A sobrevivência do legislado sobre o negociado e, com isso, a preservação da base principiológica do Direito do Trabalho brasileiro inscrita na CLT, contraria, ao menos por ora, a aposta de Jeammaud na desintegração global dos princípios trabalhistas (ASSUMPÇÃO, 2014), que por aqui foram perpetuados por Américo Plá Rodriguez (2005), a começar pelo princípio da alteridade, encarregado de impedir que o trabalhador compartilhasse os riscos do empreendedor capitalista.
Mas é verdade que o período compreendido entre o início da década de noventa, e o final do primeiro triênio da década passada, se caracterizou pelo esforço regulatório do Estado na reprodução e/ou redimensionamento de algumas das novas formas de organização do trabalho vistas na Europa, durante os anos setenta e oitenta, como foi o caso dos contratos a tempo parcial, dos contratos por prazo determinado (Lei 9.601/98), e dos contratos temporários (Lei 6.019/74 e Instrução Normativa nº 03/1997).
Viu-se, também, a postura absenteísta da Justiça do Trabalho, no âmbito da ação coletiva dos sindicatos de classe, a ponto de comprometer a autonomia desses entes coletivos, e o direito à autotutela dos grupos profissionais (SILVA, 2008).

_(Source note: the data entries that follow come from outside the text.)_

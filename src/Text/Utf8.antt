-- ===== src/Text/Utf8.antt =====
-- The decoding of one character by package `unicode/utf8`.
use mcp_ssh_workspace.Common.{
  ℕ, zero, suc, ◌+◌, ◌*◌, ◌%◌, ◌<◌, ◌≡◌, arith, Bool, true, false, ◌&&◌, ◌||◌, [], ◌∷◌, Bytes, ◌==◌,
  leb, if◌then◌else◌,
}

abbrev between : ℕ → ℕ → ℕ → Bool
between lo hi c = leb lo c && leb c hi

continues : ℕ → Bytes → Bool
continues zero s = true
continues (suc n) [] = false
continues (suc n) (c ∷ s) = between 0x80 0xbf c && continues n s

-- The second byte lies between `lo` and `hi`, and `n` more bytes follow it.
unfoldable pub follows : ℕ → ℕ → ℕ → Bytes → Bool
unfolding continues
follows lo hi n [] = false
follows lo hi n (c ∷ s) = between lo hi c && continues n s

-- The width that `utf8.DecodeRune` gives to the character in front; an invalid byte counts as one.
unfoldable pub rune_width : ℕ → Bytes → ℕ
rune_width c s =
    if between 0xc2 0xdf c && follows 0x80 0xbf 0 s
    then 2
    else if c == 0xe0 && follows 0xa0 0xbf 1 s
        || between 0xe1 0xec c && follows 0x80 0xbf 1 s
        || c == 0xed && follows 0x80 0x9f 1 s
        || between 0xee 0xef c && follows 0x80 0xbf 1 s
    then 3
    else if c == 0xf0 && follows 0x90 0xbf 2 s
        || between 0xf1 0xf3 c && follows 0x80 0xbf 2 s
        || c == 0xf4 && follows 0x80 0x8f 2 s
    then 4
    else 1

-- The character that `n` continuation bytes give behind the value `v` of the bits before them.
gather : ℕ → ℕ → Bytes → ℕ
gather zero v s = v
gather (suc n) v [] = v
gather (suc n) v (c ∷ s) = gather n (v * 64 + c % 64) s

-- The character in front, of the width that `rune_width` gives, if that is more than one.
unfoldable pub rune_value : ℕ → ℕ → Bytes → ℕ
unfolding gather
rune_value w c s =
    if w == 2
    then gather 1 (c % 32) s
    else if w == 3
    then gather 2 (c % 16) s
    else gather 3 (c % 8) s

-- A byte below 0x80 is a character by itself.
pub rune_width_ascii : (c : ℕ) (s : Bytes) → c < 0x80 → rune_width c s ≡ 1
unfolding rune_width
rune_width_ascii c s h = ground arith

Mesmo a Inspeção do Trabalho, elevada havia menos de dez anos à mesma estatura republicana das demais inspeções federais, experimentou uma reconfiguração político-institucional que levou à mitigação do seu poder de polícia. Era “O Novo Perfil da Fiscalização do Trabalho”, interpretada por alguns como uma tentativa válida para produzir o “cumprimento sustentado da lei” (PIRES, 2009), e por outros como a evidência de um processo de desqualificação das instituições de proteção do Direito do Trabalho no Brasil (FILGUEIRAS, 2012).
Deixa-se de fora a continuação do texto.